Data from: Comparing methods for SNP calling from Genotyping-By-Sequencing (GBS) data for a large-genome conifer without a published genome sequence
Cite this dataset
Shu, Mengjun; Moran, Emily (2021). Data from: Comparing methods for SNP calling from Genotyping-By-Sequencing (GBS) data for a large-genome conifer without a published genome sequence [Dataset]. Dryad. https://doi.org/10.5061/dryad.6fv8fb4
Reduced-representation restriction-enzyme-based sequencing methods have been demonstrated to be robust and cost-effective genotyping methods to identify Single Nucleotide Polymorphisms (SNPs). While alignment of the short-read fragments to a genome sequence of the same species results in better SNP calling than de novo approaches, only a few tree species - and few conifers in particular - have an annotated sequence. Many conifer genomes are huge (>19 GB) and include a large proportion of repeat sequences, making assembly difficult. While the sequence of a related species could be used, choosing the proper pipeline for SNP calling is still challenging. Here we compare the performance of four bioinformatics pipelines, two of which require a reference genome (TASSEL-GBS V2 and Stacks), two of which are de novo pipelines (UNEAK and Stacks). We used Illumina GBS data from 94 ponderosa pines.

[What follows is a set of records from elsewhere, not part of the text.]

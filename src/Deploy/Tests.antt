-- ===== src/Deploy/Tests.antt =====
-- A token with a base64url encoder, and the check of a destination.
use ollama_remote_control.Prelude.{
  ℕ, ◌+◌, ◌-◌, ◌*◌, ◌/◌, ◌%◌, ◌≤◌, ◌≡◌, refl, true, false, not, Option, none, some, [], ◌∷◌, arith,
  any, ok, ltb, ◌==◌, length, text_eq, text_eq_self, if◌then◌else◌,
}
use ollama_remote_control.Modelfile.Chars.{Text, codes}
use ollama_remote_control.Deploy.Authority.{
  DeployConfirmationAuthority, DestinationIdentity, passed, replacement_target_stale, TokenPayload,
  payload, is_digest, is_url_char, valid_authority, create_deploy_confirmation_token,
  parse_deploy_confirmation_token, check_destination_authority, natural,
}
use ollama_remote_control.Deploy.RoundTrip.{IsBase64url, parse_deploy_confirmation_token-create}

abbrev digest : Text
digest = codes "0123456789abcdef0123456789abcdef0123456789abcdef0123456789abcdef"

abbrev replacement : DeployConfirmationAuthority
replacement = record {
  replace_existing = true;
  existing_destination_digest = some digest;
  existing_destination_size_bytes = some (natural 7);
}

-- A digit of base64url.
abbrev url_digit : ℕ → ℕ
url_digit d =
    if ltb d 26
    then 65 + d
    else if ltb d 52
    then 71 + d
    else if ltb d 62
    then d - 4
    else if d == 62
    then b'-'
    else b'_'

-- base64url of bytes.
base64url : Text → Text
base64url [] = []
base64url (a ∷ []) = url_digit (a / 4) ∷ url_digit (a % 4 * 16) ∷ []
base64url (a ∷ b ∷ []) =
    url_digit (a / 4) ∷ url_digit (a % 4 * 16 + b / 16) ∷ url_digit (b % 16 * 4) ∷ []
base64url (a ∷ b ∷ c ∷ rest) =
    url_digit (a / 4)
    ∷ url_digit (a % 4 * 16 + b / 16)
    ∷ url_digit (b % 16 * 4 + c / 64)
    ∷ url_digit (c % 64)
    ∷ base64url rest

url_digit-is_url_char : (d : ℕ) → is_url_char (url_digit d) ≡ true
url_digit-is_url_char d = ground arith

base64url-alphabet : (b : Text) → any (λ c. not (is_url_char c)) (base64url b) ≡ false
unfolding any base64url
base64url-alphabet [] = refl
base64url-alphabet (a ∷ []) =
    rw (url_digit-is_url_char (a / 4), url_digit-is_url_char (a % 4 * 16)) refl
base64url-alphabet (a ∷ b ∷ []) =
    rw
      (
        url_digit-is_url_char (a / 4),
        url_digit-is_url_char (a % 4 * 16 + b / 16),
        url_digit-is_url_char (b % 16 * 4),
      )
      refl
base64url-alphabet (a ∷ b ∷ c ∷ rest) =
    rw
      (
        url_digit-is_url_char (a / 4),
        url_digit-is_url_char (a % 4 * 16 + b / 16),
        url_digit-is_url_char (b % 16 * 4 + c / 64),
        url_digit-is_url_char (c % 64),
      )
      (base64url-alphabet rest)

base64url-length :
    (b : Text)
    → (4 * length b ≤ 3 * length (base64url b)) × (3 * length (base64url b) ≤ 4 * length b + 2)
unfolding base64url
base64url-length [] = omega arith
base64url-length (a ∷ []) = omega arith
base64url-length (a ∷ b ∷ []) = omega arith
base64url-length (a ∷ b ∷ c ∷ rest) = omega (arith, base64url-length rest)

base64url-IsBase64url : IsBase64url base64url
base64url-IsBase64url = record {
  alphabet = base64url-alphabet;
  at_least = λ b. (base64url-length b).0;
  at_most = λ b. (base64url-length b).1;
}

abbrev random : Text
random = codes "0123456789abcdef0123456789abcdef"

-- The JSON text of the payload below.
abbrev json : TokenPayload → Text
json p =
    codes
      "{\"r\":true,\"d\":\"0123456789abcdef0123456789abcdef0123456789abcdef0123456789abcdef\",\"s\":7,\"n\":\"MDEyMzQ1Njc4OWFiY2RlZjAxMjM0NTY3ODlhYmNkZWY\"}"

decode : Text → Option TokenPayload
decode t =
    if text_eq t (base64url (json (payload replacement (base64url random))))
    then some (payload replacement (base64url random))
    else none

decode-encoded :
    decode (base64url (json (payload replacement (base64url random))))
    ≡ some (payload replacement (base64url random))
unfolding decode
decode-encoded = rw (text_eq_self (base64url (json (payload replacement (base64url random))))) refl

test_nonce : base64url random ≡ codes "MDEyMzQ1Njc4OWFiY2RlZjAxMjM0NTY3ODlhYmNkZWY"
unfolding base64url
test_nonce = refl

parse_deploy_confirmation_token-create_example :
    (token : Text) × (create_deploy_confirmation_token
        (λ p. base64url (json p))
        (base64url random)
        replacement
      ≡ ok token)
    × (parse_deploy_confirmation_token decode token ≡ some replacement)
unfolding valid_authority is_digest any base64url
parse_deploy_confirmation_token-create_example =
    parse_deploy_confirmation_token-create json base64url decode random replacement
      base64url-IsBase64url refl refl (omega arith) (omega arith) decode-encoded

abbrev same_destination : DestinationIdentity
same_destination = record { digest = digest; size_bytes = natural 7 }

test_confirmed : check_destination_authority replacement (some same_destination) ≡ passed
unfolding check_destination_authority
test_confirmed = refl

test_stale :
    check_destination_authority replacement
      (some (record { digest = digest; size_bytes = natural 8 }))
    ≡ replacement_target_stale
unfolding check_destination_authority
test_stale = refl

Using loblolly pine genome as the reference greatly increased the number of SNPs called (62 -196 thousand vs. 2.1 - 2.7 million SNPs). UNEAK was fastest and identified more SNPs than Stacks de novo. Reference-based Stacks produced the highest number of SNPs with lowest proportion of paralogs, TASSEL-GBS V2 exhibited the highest proportion of paralogs. The Stacks reference-based approach produced the best results overall, while UNEAK is the better de novo method. However, all four pipelines had distinct benefits and limitations. Differences in observed and expected heterozygosity between the SNP sets generated by the pipelines could lead to different conclusions when they are used for population genetics analyses.